Possibly a dogging show late in the evening, but that's pure speculation...

NO I don't.


----------



## buffallobill (Sep 28, 2007)

eddisford bridge clitheroe, A59 east from preston. cant remember wether it is c+cc or cc. site on the side of river. think it is the river ribble. 

or salterforth caravan site between colne and earby A56. leeds liverpool canal 400yds away. plenty of country roads to cycle.


----------



## Alfa_Scud (Sep 27, 2006)

How about Gisburn Forest, just about 40'ish miles away. There's both a CS & CL within a mile at Tosside, a pub & cycle tracks into the forest.


----------



## gnscloz (Oct 4, 2008)

how about,

http://www.hollybankcaravanpark.co.uk

there last weekend no pressure site park where you like, leave when you like,


----------



## tommytli (Aug 7, 2008)

Alfa_Scud said:


> How about Gisburn Forest, just about 40'ish miles away.

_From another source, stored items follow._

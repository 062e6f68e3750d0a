-- ===== src/Engine/Start/Routes.antt =====
-- `start` of src/engine/receive-engine.ts over the ways from it: the reads of the stores and the routing.
use notestr.Prelude.{ℕ, ◌≡◌, Text, Option, none, some}
use notestr.Engine.Types.{EngineCheckpoint, recovering}
use notestr.Engine.World.{World, alive, Exec}
use notestr.Engine.Steady.Writes.{transition_to-Leaves}
use notestr.Engine.Ensures.{
  Ensures, Stable, bind-Ensures, before, after, answer, if-Ensures, call-Ensures, modify-Ensures,
}
use notestr.Engine.Start.{
  Adapter, StartOrigin, welcome, restored, Outcome, resolved, rejected, read_stores, enter_joining,
}
use notestr.Engine.Start.Recovery.{
  Stores, load_stores, recover_from, enter_recovering, start_from_logs, start_from_checkpoint,
  join_options, start_session, is_empty_list,
}
use notestr.Engine.Start.Paths.{Settles, restore_position-Steady}
use notestr.Persistence.{load_checkpoint}

-- Where a read fails, `Failed` holds.
abbrev pub Came {ℓ} : {A : Type ℓ} → Type 0 → Option A → Type 0
Came Failed none = Failed
Came Failed (some a) = Unit

module _ (g : Text) (adapter : Adapter) (t_join_ms fuel gen : ℕ) (Fresh Over E : World → Type 0)
    (Failed : Type 0) (Final : Outcome → World → Type 0) (fresh : Stable Fresh)
    (fresh_alive : Ensures Fresh (alive gen) (λ u. Fresh) E)
    (over_final : (w : World) → Over w → Final resolved w)
    (failed_final : Failed → (w : World) → Fresh w → Final rejected w)
    (read_checkpoint : Ensures Fresh
      (read_stores (λ d. load_checkpoint d g))
      (λ o w. Came Failed o × Fresh w)
      E)
    (read_logs : Ensures Fresh (read_stores (load_stores g)) (λ o w. Came Failed o × Fresh w) E)
    (joined : Ensures Fresh (enter_joining g adapter t_join_ms fuel gen) (Settles Over) E)
    (recovered : (stores : Stores)
      → Ensures Fresh (recover_from g adapter fuel gen (some stores)) (Settles Over) E) where
  finally : {m : Exec Outcome} → Ensures Fresh m (Settles Over) E → Ensures Fresh m Final E
  finally p = after go p
    where
      go : (o : Outcome) (w : World) → Settles Over o w → Final o w
      go resolved w h = over_final w h.1
      go rejected w h = impossible h.0
        where
          impossible : rejected ≡ resolved → Final rejected w
          impossible e = cc

  recover_from-Final :
      (o : Option Stores)
      → Ensures (λ w. Came Failed o × Fresh w) (recover_from g adapter fuel gen o) Final E
  unfolding recover_from
  recover_from-Final none = answer rejected (λ w h. failed_final h.0 w h.1)
  recover_from-Final (some stores) = before (λ w h. h.1) (finally (recovered stores))

  enter_recovering-Final :
      (c : Option EngineCheckpoint) → Ensures Fresh (enter_recovering g adapter fuel gen c) Final E
  unfolding enter_recovering
  enter_recovering-Final c = bind-Ensures fresh_alive λ u.
      bind-Ensures (modify-Ensures fresh _ (restore_position-Steady c)) λ v.
        bind-Ensures (call-Ensures fresh (transition_to-Leaves g gen recovering))
          λ x. bind-Ensures fresh_alive λ y. bind-Ensures read_logs λ o. recover_from-Final o

  start_from_logs-Final :
      (o : Option Stores)
      → Ensures
          (λ w. Came Failed o × Fresh w)
          (start_from_logs g adapter t_join_ms fuel gen o)
          Final
          E
  unfolding start_from_logs
  start_from_logs-Final none = answer rejected (λ w h. failed_final h.0 w h.1)
  start_from_logs-Final (some stores) =
      before (λ w h. h.1)
        (bind-Ensures fresh_alive λ u.
          if-Ensures (is_empty_list stores.raw_log)
            (if-Ensures (is_empty_list stores.accepted_log) (finally joined)
              (enter_recovering-Final none))
            (enter_recovering-Final none))

  start_from_checkpoint-Final :
      (c : Option EngineCheckpoint)
      → Ensures Fresh (start_from_checkpoint g adapter t_join_ms fuel gen c) Final E
  unfolding start_from_checkpoint
  start_from_checkpoint-Final none = bind-Ensures read_logs λ o. start_from_logs-Final o
  start_from_checkpoint-Final (some c) =
      if-Ensures c.bootstrap_completed (enter_recovering-Final (some c)) (finally joined)

  -- What holds before the session leads to `Final` of how the session settles.
  pub start_session-Final :
      (origin : StartOrigin)
      → Ensures Fresh (start_session g adapter t_join_ms fuel gen origin) Final E
  unfolding start_session
  start_session-Final welcome = finally joined
  start_session-Final restored = bind-Ensures read_checkpoint λ o.
      before (λ w h. h.1)
        (bind-Ensures fresh_alive λ u. start_from_checkpoint-Final (join_options o))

There's both a CS & CL within a mile at Tosside, a pub & cycle tracks into the forest.


in front of the pub in tosside (the dog and partridge) there is a lane directly in front about a 100yds down is a great site bowland forest campsite £10 pn there is fishing on it aswell great cycling and good walks throught the forest. (if you go to the pub he might even let you stay on his carpark if you are eating there if you do go ask for tim)

and where buffallobill said is good there is also another site close to there called the three rivers which isnt too bad,


----------



## tubbytuba (Mar 21, 2007)

tommytli said:


> Alfa_Scud said:
> 
> 
> > in front of the pub in tosside (the dog and partridge) there is a lane directly in front about a 100yds down is a great site bowland forest campsite £10 pn there is fishing on it aswell great cycling and good walks throught the forest. (if you go to the pub he might even let you stay on his carpark if you are eating there if you do go ask for tim)
> ...


----------



## jetski (Feb 18, 2007)

you could give hollingworth lake a try
canoe on the lake plenty of walks around and not to far


----------



## tommytli (Aug 7, 2008)

tubbytuba said:


> tommytli said:
> 
> 
> > Alfa_Scud said:
> ...


----------



## jetski (Feb 18, 2007)

you could give hollingworth lake a try
canoe on the lake plenty of walks around and not to far


----------